> [PROBLEM REQUIREMENTS]: Repeat the lines below exactly as written, please, from the line with "(r.0 ≡ p.num)" to the line with "(λ h. ground", both lines included, and no others.

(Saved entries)
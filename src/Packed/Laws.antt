-- ===== src/Packed/Laws.antt =====
-- outback/packed_data.hh: reads after an append, an update and a removal.
use outback_cxl_numa.Base.{
  ℕ, ◌+◌, ◌^◌, ◌≤◌, ◌<◌, ◌≡◌, ◌≢◌, ◌↔◌, refl, true, ok, exited, Returns, update, arith,
}
use outback_cxl_numa.Packed.{
  PackedData, read_key, read_data_with_key_check, remove_data_with_key_check, update_data,
  bulk_load_data,
}

abbrev pub WithinCapacity : PackedData → Type 0
WithinCapacity p = p.num ≤ p.num_elements

-- The array after an append of one entry.
abbrev pub appended : PackedData → ℕ → ℕ → ℕ → PackedData
appended p key len value = record p {
  raw_array = update p.raw_array p.num (record { key = key; data_length = len; value = value });
  num = p.num + 1;
}

module _ (p : PackedData) (key len value : ℕ) where
  pub bulk_load_data-ok :
      p.num < p.num_elements
      → p.num_elements ≤ 2 ^ 32
      → bulk_load_data p key len value ≡ ok (p.num, appended p key len value)
  unfolding bulk_load_data
  bulk_load_data-ok h w = ground arith

  pub bulk_load_data-exited : p.num_elements ≤ p.num → bulk_load_data p key len value ≡ exited
  unfolding bulk_load_data
  bulk_load_data-exited h = ground arith

  -- An append into an array with room, of at most 2 ^ 32 entries, returns the next free index; the
  -- entry is read back there under its key, all other entries stay, and the count stays in bounds.
  pub bulk_load_data_reads :
      p.num < p.num_elements
      → p.num_elements ≤ 2 ^ 32
      → Returns (bulk_load_data p key len value) λ r.
        (r.0 ≡ p.num)
        × (read_data_with_key_check r.1 r.0 key ≡ (len, value))
        × ((i : ℕ) → i ≢ p.num → r.1.raw_array i ≡ p.raw_array i)
        × (r.1.num ≡ p.num + 1)
        × WithinCapacity r.1
  unfolding read_data_with_key_check
  bulk_load_data_reads h w = (
    (p.num, appended p key len value),
    bulk_load_data-ok h w,
    (refl, ground arith, λ i n. ground arith, refl, omega arith),
  )

  pub read_key-update_data : (n : ℕ) → read_key (update_data p n key len value) n ≡ key
  unfolding read_key update_data
  read_key-update_data n = ground arith

  pub read_key-update_data_ne :
      (n i : ℕ) → i ≢ n → read_key (update_data p n key len value) i ≡ read_key p i
  unfolding read_key update_data
  read_key-update_data_ne n i h = ground arith

module _ (p : PackedData) (n key : ℕ) where
  -- A removal succeeds exactly when the entry holds the key; then the entry reads as absent, and
  -- every other entry stays. A removal that fails changes nothing.
  pub remove_data_reads :
      ((remove_data_with_key_check p n key).0 ≡ true ↔ read_key p n ≡ key)
      × (read_key p n ≡ key
          → read_data_with_key_check (remove_data_with_key_check p n key).1 n key ≡ (0, 0))
      × ((i : ℕ) → i ≢ n → (remove_data_with_key_check p n key).1.raw_array i ≡ p.raw_array i)
      × (read_key p n ≢ key → (remove_data_with_key_check p n key).1 ≡ p)
  unfolding remove_data_with_key_check read_data_with_key_check read_key
  remove_data_reads = (
    (λ h. ground arith, λ h. ground arith),
    λ h. ground arith,
    λ i h. ground arith,
    λ h. ground arith,
  )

> [TASK SOLUTION]:
        (r.0 ≡ p.num)
        × (read_data_with_key_check r.1 r.0 key ≡ (len, value))
        × ((i : ℕ) → i ≢ p.num → r.1.raw_array i ≡ p.raw_array i)
        × (r.1.num ≡ p.num + 1)
        × WithinCapacity r.1
  unfolding read_data_with_key_check
  bulk_load_data_reads h w = (
    (p.num, appended p key len value),
    bulk_load_data-ok h w,
    (refl, ground arith, λ i n. ground arith, refl, omega arith),
  )

  pub read_key-update_data : (n : ℕ) → read_key (update_data p n key len value) n ≡ key
  unfolding read_key update_data
  read_key-update_data n = ground arith

  pub read_key-update_data_ne :
      (n i : ℕ) → i ≢ n → read_key (update_data p n key len value) i ≡ read_key p i
  unfolding read_key update_data
  read_key-update_data_ne n i h = ground arith

module _ (p : PackedData) (n key : ℕ) where
  -- A removal succeeds exactly when the entry holds the key; then the entry reads as absent, and
  -- every other entry stays. A removal that fails changes nothing.
  pub remove_data_reads :
      ((remove_data_with_key_check p n key).0 ≡ true ↔ read_key p n ≡ key)
      × (read_key p n ≡ key
          → read_data_with_key_check (remove_data_with_key_check p n key).1 n key ≡ (0, 0))
      × ((i : ℕ) → i ≢ n → (remove_data_with_key_check p n key).1.raw_array i ≡ p.raw_array i)
      × (read_key p n ≢ key → (remove_data_with_key_check p n key).1 ≡ p)
  unfolding remove_data_with_key_check read_data_with_key_check read_key
  remove_data_reads = (
    (λ h. ground arith, λ h. ground arith),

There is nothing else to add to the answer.